Poornima, I use chedder and will have to try Gouda also. I wish Cicero would just eat out of the bag, but a little something on top is not so bad to fix. I had one pet that I had to cook for just like a kid -- and learned a lesson -- don't start that again. She would not touch *anything* unless she first got her scambled egg in the morning!! Your babies are beautiful and have wonderful coats!!


----------



## Poornima (Jun 29, 2007)

Carolina, what a great pictures! Just loved his little paw-itching for action! 

I, of course, don't mind you putting a pictures here. As a matter of fact, if any of you have "anticipation pictures" I invite you to post them here. 

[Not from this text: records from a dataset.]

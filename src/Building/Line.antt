-- ===== src/Building/Line.antt =====
-- building/dsl.py, `_line`: the cells of a line between two columns, by an integer error term.
-- The loop runs on fuel; `none` means that it ran out.
pub mod Rounds
mod Margins
pub mod Reaches
use mathlib.Core.Option
use ai_wodeshijie.Prelude.{
  ℕ, zero, suc, ◌+◌, ◌≡◌, refl, Bool, ◌&&◌, Option, none, some, List, [], ◌∷◌, if◌then◌else◌,
}
use ai_wodeshijie.Prelude.Int.{ℤ, pos, negsuc, ◌+ℤ◌, ◌-ℤ◌, neg, ltb_ℤ, ◌==ℤ◌, abs}

abbrev pub Cell : Type 0
Cell = ℤ × ℤ

-- What stays the same while the loop runs: `dx`, `dz`, `step_x`, `step_z` and the end.
pub record Span : Type 0 where
  pub dx : ℕ
  pub dz : ℕ
  pub step_x : ℤ
  pub step_z : ℤ
  pub x2 : ℤ
  pub z2 : ℤ

-- `twice > -dz`, with `twice = 2 * error`
unfoldable pub moves_x : Span → ℤ → Bool
moves_x s error = ltb_ℤ (neg (pos s.dz)) (error +ℤ error)

-- `twice < dx`
unfoldable pub moves_z : Span → ℤ → Bool
moves_z s error = ltb_ℤ (error +ℤ error) (pos s.dx)

-- The three updates of one round; both tests read the error of the round's start.
unfoldable pub next_x : Span → ℤ → ℤ → ℤ
next_x s x error = if moves_x s error then x +ℤ s.step_x else x

unfoldable pub next_z : Span → ℤ → ℤ → ℤ
next_z s z error = if moves_z s error then z +ℤ s.step_z else z

unfoldable pub next_error : Span → ℤ → ℤ
next_error s error =
    let after_x = if moves_x s error then error -ℤ pos s.dz else error in
    if moves_z s error then after_x +ℤ pos s.dx else after_x

unfoldable pub at_end : Span → ℤ → ℤ → Bool
at_end s x z = x ==ℤ s.x2 && z ==ℤ s.z2

unfoldable pub line_from : Span → ℕ → ℤ → ℤ → ℤ → Option (List Cell)
line_from s zero x z error = none
line_from s (suc fuel) x z error =
    let rest = line_from s fuel (next_x s x error) (next_z s z error) (next_error s error) in
    if at_end s x z then some ((x, z) ∷ []) else Option.map (λ cells. (x, z) ∷ cells) rest

unfoldable pub span : ℤ → ℤ → ℤ → ℤ → Span
span x1 z1 x2 z2 = record {
  dx = abs (x2 -ℤ x1);
  dz = abs (z2 -ℤ z1);
  step_x = if ltb_ℤ x1 x2 then pos 1 else negsuc 0;
  step_z = if ltb_ℤ z1 z2 then pos 1 else negsuc 0;
  x2 = x2;
  z2 = z2;
}

-- The fuel is one round for each cell that the larger distance can give, and more.
unfoldable pub line : ℤ → ℤ → ℤ → ℤ → Option (List Cell)
unfolding line_from span
line x1 z1 x2 z2 =
    let s = span x1 z1 x2 z2 in line_from s (suc (s.dx + s.dz)) x1 z1 (pos s.dx -ℤ pos s.dz)

line_slope :
    line (pos 0) (pos 0) (pos 3) (negsuc 0)
    ≡ some ((pos 0, pos 0) ∷ (pos 1, pos 0) ∷ (pos 2, negsuc 0) ∷ (pos 3, negsuc 0) ∷ [])
unfolding line next_x next_z next_error moves_x moves_z at_end abs neg ◌+ℤ◌ ◌-ℤ◌
line_slope = refl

Dale, I used to cook for Benji too as he is picky eater. His coat really improved with home cooking (Duck meat balls and carrots). Lizzie has a delicate tummy and couldn't handle anything but kibble. I had to stop homecooked food as they share their meals. I felt really sorry for Benji.


----------



## Me&2Girls (May 11, 2007)

Poornima - I'd love to move with you...Long Island sounds lovely and we could keep getting pictures of Maya and Lizzie. Now that's a love match for sure. 

Lina, I love Kubrick's anticipation picture - it's so expressive, I'm glad you left it big so we could see his sweet eyes.


----------



## Poornima (Jun 29, 2007)

Me&2Girls said:


> Poornima - we could keep getting pictures of Maya and Lizzie. Now that's a love match for sure.
> 
> .


Lizzie and Maya's pictures are my favorites so far. Thanks to Sally and Carolina, they took a couple of marvelous pictures at Jane's playdate.

One of the projects I am planning when we settle down on LI, is to print all my favorite pictures of Benji and Lizzie and make an entire wall of pictures in the new home.


----------